The pamphlet was given a glowing review from the pulpit at St Eugene’s. If memory serves, they had to put on extra buses from Derry the following Friday night. Personally, I found no change in my success ratio, the Devil’s vaunted moral destructiveness proving somewhat overbilled.

Pointless slaughter The Devil also tends to fall short in the matter of slaughtering your enemies. We regularly hear reports of fervent believers in particular religions swooping upon usually defenceless people, brandishing knives to cut their throats, crying exultantly, “God is great!”

Has anybody ever heard of any faction or group doing any such thing to the shout of, “the Devil is great!” No.

Not to mention that every regiment on every side in the unforgiveable pointless slaughter now known as the first World War had a chaplain on hand to tell them they had God on their side. Has there ever been a suggestion of soldiers being told before going over the top not to worry, you have the Devil on your side? No.

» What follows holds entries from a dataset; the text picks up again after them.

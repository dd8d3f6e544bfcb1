-- ===== src/Commitment/Binding.antt =====
-- About `gateway_root` of crates/pocomp-protocol/src/commitment.rs: what a root says of the leaves.
use mathlib.Core.List.{map-append}
use verification_tooling.Prelude.{
  ℕ, zero, suc, ◌+◌, ◌%◌, ◌^◌, ◌≤◌, ◌<◌, List, [], ◌∷◌, ◌++◌, map, Bytes, ◌≡◌, refl, sym, ap, ◌∙◌,
  ◌≢◌, ◌⊎◌, inl, inr, arith, All, length, length-append, length-map, append-injective, utf8,
}
use verification_tooling.Types.Records.{Hash32, GatewayLeaf}
use verification_tooling.Primitives.{Primitives}
use verification_tooling.Commitment.{
  leaf_domain, node_domain, first, domain_hash, leaf_hash, node_hash, next_level, merkle_loop,
  gateway_root,
}
use verification_tooling.Commitment.Separation.{Collision, domain_hash-injective}
use verification_tooling.Commitment.Merkle.{
  gateway_root-merkle_loop, length-next_level, merkle_loop_fuel,
}

module _ (x : Primitives) where
  node_payload :
      (a b : Hash32)
      → length a.bytes ≡ 32
      → length b.bytes ≡ 32
      → length (a.bytes ++ b.bytes) < 2 ^ 64
  node_payload a b ha hb = omega (arith, length-append a.bytes b.bytes)

  node_hash-injective :
      (a b c d : Hash32)
      → length a.bytes ≡ 32
      → length b.bytes ≡ 32
      → length c.bytes ≡ 32
      → length d.bytes ≡ 32
      → node_hash x a b ≡ node_hash x c d
      → ((a ≡ c) × (b ≡ d)) ⊎ Collision x
  unfolding node_hash utf8
  node_hash-injective a b c d ha hb hc hd h =
      elim (domain_hash-injective x node_domain (a.bytes ++ b.bytes) node_domain
        (c.bytes ++ d.bytes) (omega arith) (omega arith) (node_payload a b ha hb)
        (node_payload c d hc hd) h) [
          | inr collision ↦ inr collision
          | inl (_, same) ↦
              let parts = append-injective a.bytes b.bytes c.bytes d.bytes (omega arith) same in
              inl (ground arith)
        ]

-- SHA-256 has digests of 32 bytes.
abbrev pub HasDigests : Primitives → Type 0
HasDigests x = (m : Bytes) → length (x.sha256 m) ≡ 32

abbrev AreDigests : List Hash32 → Type 0
AreDigests = All (λ h. length h.bytes ≡ 32)

module _ (x : Primitives) (digests : HasDigests x) where
  next_level-AreDigests : (level : List Hash32) → AreDigests (next_level x level)
  unfolding next_level node_hash domain_hash
  next_level-AreDigests [] = tt
  next_level-AreDigests (a ∷ []) = (digests _, tt)
  next_level-AreDigests (a ∷ b ∷ rest) = (digests _, next_level-AreDigests rest)

  next_level-injective :
      (xs ys : List Hash32)
      → AreDigests xs
      → AreDigests ys
      → length xs ≡ length ys
      → next_level x xs ≡ next_level x ys
      → (xs ≡ ys) ⊎ Collision x
  unfolding next_level
  next_level-injective [] [] hx hy l e = inl refl
  next_level-injective [] (b ∷ ys) hx hy l e = absurd (omega arith)
  next_level-injective (a ∷ xs) [] hx hy l e = absurd (omega arith)
  next_level-injective (a ∷ []) (b ∷ []) hx hy l e = ground (arith, node_hash-injective x a a b b)
  next_level-injective (a ∷ []) (b ∷ c ∷ ys) hx hy l e = absurd (omega arith)
  next_level-injective (a ∷ b ∷ xs) (c ∷ []) hx hy l e = absurd (omega arith)
  next_level-injective (a ∷ b ∷ xs) (c ∷ d ∷ ys) hx hy l e =
      ground (arith, node_hash-injective x a b c d, next_level-injective xs ys)

  merkle_loop-injective :
      (fuel : ℕ) (xs ys : List Hash32)
      → AreDigests xs
      → AreDigests ys
      → length xs ≡ length ys
      → merkle_loop x fuel xs ≡ merkle_loop x fuel ys
      → (xs ≡ ys) ⊎ Collision x
  unfolding merkle_loop
  merkle_loop-injective zero xs ys hx hy l e = inl e
  merkle_loop-injective (suc fuel) xs ys hx hy l e = ground (
    arith,
    length-next_level x xs,
    length-next_level x ys,
    next_level-injective xs ys hx hy l,
    merkle_loop-injective fuel (next_level x xs) (next_level x ys) (next_level-AreDigests xs)
        (next_level-AreDigests ys),
  )

  abbrev encodings : List GatewayLeaf → List Bytes
  encodings = map x.postcard.gateway_leaf

  -- Encodings whose length is a 64-bit number.
  abbrev pub Encodable : List GatewayLeaf → Type 0
  Encodable = All (λ leaf. length (x.postcard.gateway_leaf leaf) < 2 ^ 64)

  leaf_hashes-AreDigests : (leaves : List GatewayLeaf) → AreDigests (map (leaf_hash x) leaves)
  unfolding leaf_hash domain_hash
  leaf_hashes-AreDigests [] = tt
  leaf_hashes-AreDigests (l ∷ ls) = (digests _, leaf_hashes-AreDigests ls)

  leaf_hashes-injective :
      (xs ys : List GatewayLeaf)
      → Encodable xs
      → Encodable ys
      → map (leaf_hash x) xs ≡ map (leaf_hash x) ys
      → (encodings xs ≡ encodings ys) ⊎ Collision x
  unfolding leaf_hash utf8
  leaf_hashes-injective [] [] hx hy e = inl refl
  leaf_hashes-injective [] (b ∷ ys) hx hy e = absurd (cc)
  leaf_hashes-injective (a ∷ xs) [] hx hy e = absurd (cc)
  leaf_hashes-injective (a ∷ xs) (b ∷ ys) hx hy e = ground (
    arith,
    domain_hash-injective x leaf_domain (x.postcard.gateway_leaf a) leaf_domain
        (x.postcard.gateway_leaf b) (omega arith) (omega arith) hx.0 hy.0,
    leaf_hashes-injective xs ys hx.1 hy.1,
  )

  -- If SHA-256 has digests of 32 bytes, equal roots over equally many leaves, whose encodings
  -- have a 64-bit length, come from leaves with equal encodings, or two different messages with
  -- one hash exist.
  pub gateway_root-injective :
      (xs ys : List GatewayLeaf)
      → Encodable xs
      → Encodable ys
      → length xs ≡ length ys
      → gateway_root x xs ≡ gateway_root x ys
      → (encodings xs ≡ encodings ys) ⊎ Collision x
  gateway_root-injective [] [] hx hy l e = inl refl
  gateway_root-injective [] (b ∷ ys) hx hy l e = absurd (omega arith)
  gateway_root-injective (a ∷ xs) [] hx hy l e = absurd (omega arith)
  gateway_root-injective (a ∷ xs) (b ∷ ys) hx hy l e =
      let p = gateway_root-merkle_loop x (a ∷ xs) (λ q. cc) in
      let q = gateway_root-merkle_loop x (b ∷ ys) (λ q. cc) in
      let same : merkle_loop x (length (a ∷ xs)) (map (leaf_hash x) (a ∷ xs))
          ≡ merkle_loop x (length (a ∷ xs)) (map (leaf_hash x) (b ∷ ys)) =
        p ∙ ap (λ r. r ∷ []) e ∙ sym (rw l q) in
      let widths =
        length-map (leaf_hash x) (a ∷ xs) ∙ l ∙ sym (length-map (leaf_hash x) (b ∷ ys)) in
      ground (
        arith,
        merkle_loop-injective (length (a ∷ xs)) (map (leaf_hash x) (a ∷ xs))
            (map (leaf_hash x) (b ∷ ys)) (leaf_hashes-AreDigests (a ∷ xs))
            (leaf_hashes-AreDigests (b ∷ ys)) widths same,
        leaf_hashes-injective (a ∷ xs) (b ∷ ys) hx hy,
      )

module _ (x : Primitives) where
  next_level_duplicate :
      (xs : List Hash32) (h : Hash32)
      → length xs % 2 ≡ 0
      → next_level x (xs ++ (h ∷ [])) ≡ next_level x (xs ++ (h ∷ h ∷ []))
  unfolding next_level
  next_level_duplicate [] h e = refl
  next_level_duplicate (a ∷ []) h e = absurd (omega arith)
  next_level_duplicate (a ∷ b ∷ xs) h e =
      ap (λ r. node_hash x a b ∷ r) (next_level_duplicate xs h (omega arith))

  -- One round of the loop over two nodes or more.
  merkle_loop_round :
      (fuel : ℕ) (level : List Hash32)
      → 1 < length level
      → merkle_loop x (suc fuel) level ≡ merkle_loop x fuel (next_level x level)
  unfolding merkle_loop
  merkle_loop_round fuel level h = ground arith

  merkle_loop_duplicate :
      (f g : ℕ) (level : List Hash32) (h : Hash32)
      → 0 < length level
      → length level % 2 ≡ 0
      → length level + 1 ≤ f
      → length level + 2 ≤ g
      → merkle_loop x f (level ++ (h ∷ [])) ≡ merkle_loop x g (level ++ (h ∷ h ∷ []))
  merkle_loop_duplicate f g level h pos even hf hg =
      let k = length level + 1 in
      let one = length-append level (h ∷ []) in
      let two = length-append level (h ∷ h ∷ []) in
      merkle_loop_fuel x f (suc k) (level ++ (h ∷ [])) (omega arith) (omega arith) (omega arith)
      ∙ merkle_loop_round k (level ++ (h ∷ [])) (omega arith)
      ∙ ap (merkle_loop x k) (next_level_duplicate level h even)
      ∙ sym (merkle_loop_round k (level ++ (h ∷ h ∷ [])) (omega arith))
      ∙ merkle_loop_fuel x (suc k) g (level ++ (h ∷ h ∷ [])) (omega arith) (omega arith)
          (omega arith)

  -- After a positive even number of leaves, one more leaf and that leaf twice have the same root:
  -- the root binds the leaves only together with their number.
  pub gateway_root_duplicate :
      (xs : List GatewayLeaf) (leaf : GatewayLeaf)
      → xs ≢ []
      → length xs % 2 ≡ 0
      → gateway_root x (xs ++ (leaf ∷ [])) ≡ gateway_root x (xs ++ (leaf ∷ leaf ∷ []))
  unfolding gateway_root
  gateway_root_duplicate [] leaf ne e = absurd (ne refl)
  gateway_root_duplicate (a ∷ xs) leaf ne e =
      let h = leaf_hash x in
      let one = length-append (a ∷ xs) (leaf ∷ []) in
      let two = length-append (a ∷ xs) (leaf ∷ leaf ∷ []) in
      let width = length-map h (a ∷ xs) in
      ap first (
        ap (merkle_loop x _) (map-append h (a ∷ xs) (leaf ∷ []))
        ∙ merkle_loop_duplicate _ _ (map h (a ∷ xs)) (h leaf) (omega arith) (omega arith)
            (omega arith) (omega arith)
        ∙ ap (merkle_loop x _) (sym (map-append h (a ∷ xs) (leaf ∷ leaf ∷ []))))
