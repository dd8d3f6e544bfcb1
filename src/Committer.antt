-- ===== src/Committer.antt =====
-- proofs/zktorch-committer/src/main.rs: the service that commits to the tensors of tasks, each identity once.
pub mod Laws
pub mod Once
use verification_tooling.Prelude.{
  ℕ, ◌*◌, List, [], ◌∷◌, Bool, true, false, ◌||◌, not, Bytes, Text, utf8, ltb, ◌==◌, ◌≠◌, nat_eq,
  bytes_eq, is_empty, length, checked_mul, Eq, Option, none, some, Result, ok, err, ◌>>=◌, ◌>>◌,
  reject_if, ok_or, if◌then◌else◌,
}
use verification_tooling.Types.Records.{
  Hash32, hash32_eq, Direction, ingress, egress, ContentCommitment, zktorch_kzg_bn254_v1,
}
use verification_tooling.Types.Audit.{QuantizedTensor}
use verification_tooling.Primitives.{Primitives}
use verification_tooling.Commitment.{hash_bytes, task_artifact_id}

pub record ShapeSpec : Type 0 where
  pub shape : List ℕ
  pub scale_log2 : ℕ

pub record TensorSpec : Type 0 where
  pub ingress_spec : ShapeSpec
  pub egress_spec : ShapeSpec

-- The identity headers, `none` for one that is missing or not ASCII.
pub record Headers : Type 0 where
  pub epoch : Option Text
  pub task : Option Text
  pub direction : Option Text

pub data CommitError : Type 0 where
  missing_header empty_identifier unknown_direction undecodable not_canonical : CommitError
  other_shape shape_overflow wrong_count not_an_array : CommitError
  no_directory identity_used not_written : CommitError

-- What the service takes from its libraries: the JSON encoding of a tensor, and the data of a tensor
-- by its shape and values, as the bytes of the opening and of the commitment.
pub record TensorLibrary : Type 0 where
  pub parse : Bytes → Option QuantizedTensor
  pub print : QuantizedTensor → Option Bytes
  pub data_of : List ℕ → List ℕ → Option (Bytes × Bytes)

-- The directory of openings: a file for each identity, which its path encodes.
pub record CommitterState : Type 0 where
  pub spec : TensorSpec
  pub openings : List (Hash32 × Bytes)

-- A request, and how the file operations of its handler end: whether the directory is there, and
-- whether the whole opening is written; `partial` is what is in the file otherwise.
pub record CommitRequest : Type 0 where
  pub headers : Headers
  pub body : Bytes
  pub directory : Bool
  pub written : Bool
  pub partial : Bytes

unfoldable pub opening_of : List (Hash32 × Bytes) → Hash32 → Option Bytes
opening_of [] id = none
opening_of ((used, opening) ∷ openings) id =
    if used == id then some opening else opening_of openings id

unfoldable pub exists : Option Bytes → Bool
exists none = false
exists (some opening) = true

-- `try_fold` over the dimensions.
unfoldable pub count_elements : ℕ → List ℕ → Result CommitError ℕ
count_elements total [] = ok total
count_elements total (dimension ∷ dimensions) = do
  next ← ok_or (checked_mul 64 total dimension) shape_overflow
  count_elements next dimensions

unfoldable pub validate_tensor : QuantizedTensor → ShapeSpec → Result CommitError (Unit {0})
validate_tensor tensor spec = do
  reject_if (tensor.shape ≠ spec.shape || tensor.scale_log2 ≠ spec.scale_log2) other_shape
  elements ← count_elements 1 tensor.shape
  reject_if (elements ≠ length tensor.values) wrong_count

-- `match direction`, here and in `opening_path`.
unfoldable pub direction_of : Text → Option Direction
unfolding utf8
direction_of name =
    if name == utf8 "ingress"
    then some ingress
    else (if name == utf8 "egress" then some egress else none)

abbrev pub spec_for : TensorSpec → Direction → ShapeSpec
spec_for spec ingress = spec.ingress_spec
spec_for spec egress = spec.egress_spec

-- What the handler has when it takes the lock: the identity, and the bytes of opening and commitment.
pub record Prepared : Type 0 where
  pub identity : Hash32
  pub opening : Bytes
  pub encoded : Bytes

module _ (x : Primitives) (library : TensorLibrary) where
  -- `commit_inner` up to the lock.
  unfoldable pub prepare : TensorSpec → CommitRequest → Result CommitError Prepared
  prepare specification request = do
    epoch ← ok_or request.headers.epoch missing_header
    task ← ok_or request.headers.task missing_header
    name ← ok_or request.headers.direction missing_header
    reject_if (is_empty epoch || is_empty task) empty_identifier
    direction ← ok_or (direction_of name) unknown_direction
    tensor ← ok_or (library.parse request.body) undecodable
    canonical ← ok_or (library.print tensor) undecodable
    reject_if (canonical ≠ request.body) not_canonical
    validate_tensor tensor (spec_for specification direction)
    (opening, encoded) ← ok_or (library.data_of tensor.shape tensor.values) not_an_array
    ok (record {
      identity = task_artifact_id x epoch task direction;
      opening = opening;
      encoded = encoded;
    })

  -- `commit_inner` under the lock, with the state that it leaves.
  unfoldable pub store :
      CommitterState
      → CommitRequest
      → Prepared
      → Result CommitError ContentCommitment × CommitterState
  store state request p =
      if not request.directory
      then (err no_directory, state)
      else (if exists (opening_of state.openings p.identity)
          then (err identity_used, state)
          else (if request.written
              then (
                ok (record { scheme = zktorch_kzg_bn254_v1; digest = hash_bytes x p.encoded }),
                record state { openings = (p.identity, p.opening) ∷ state.openings },
              )
              else (
                err not_written,
                record state { openings = (p.identity, request.partial) ∷ state.openings },
              )))

  unfoldable pub commit_inner :
      CommitterState → CommitRequest → Result CommitError ContentCommitment × CommitterState
  commit_inner state request = elim (prepare state.spec request) [
    | err e ↦ (err e, state)
    | ok p ↦ store state request p
  ]

  -- Requests one after the other, as the lock serves them.
  unfoldable pub commit_all : CommitterState → List CommitRequest → CommitterState
  commit_all state [] = state
  commit_all state (request ∷ requests) = commit_all (commit_inner state request).1 requests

We might, too, parse the words of papal legate the Abbot of Citeaux in 1209, who, asked about the morality of killing Catholics and Cathars when the required kill rate made positive identification impossible, replied: “Kill them all, let God sort them out.”

Obviously, God was okay about that sort of thing. The least we can say of the Devil is that in his case the evidence is far less convincing.

There is only a sprinkling of Devil worshippers in Ireland. They must feel isolated and deeply offended every single day by the relentless negativity of the coverage their fellow receives. In comparison, God’s people scarcely ever have reason to feel offended.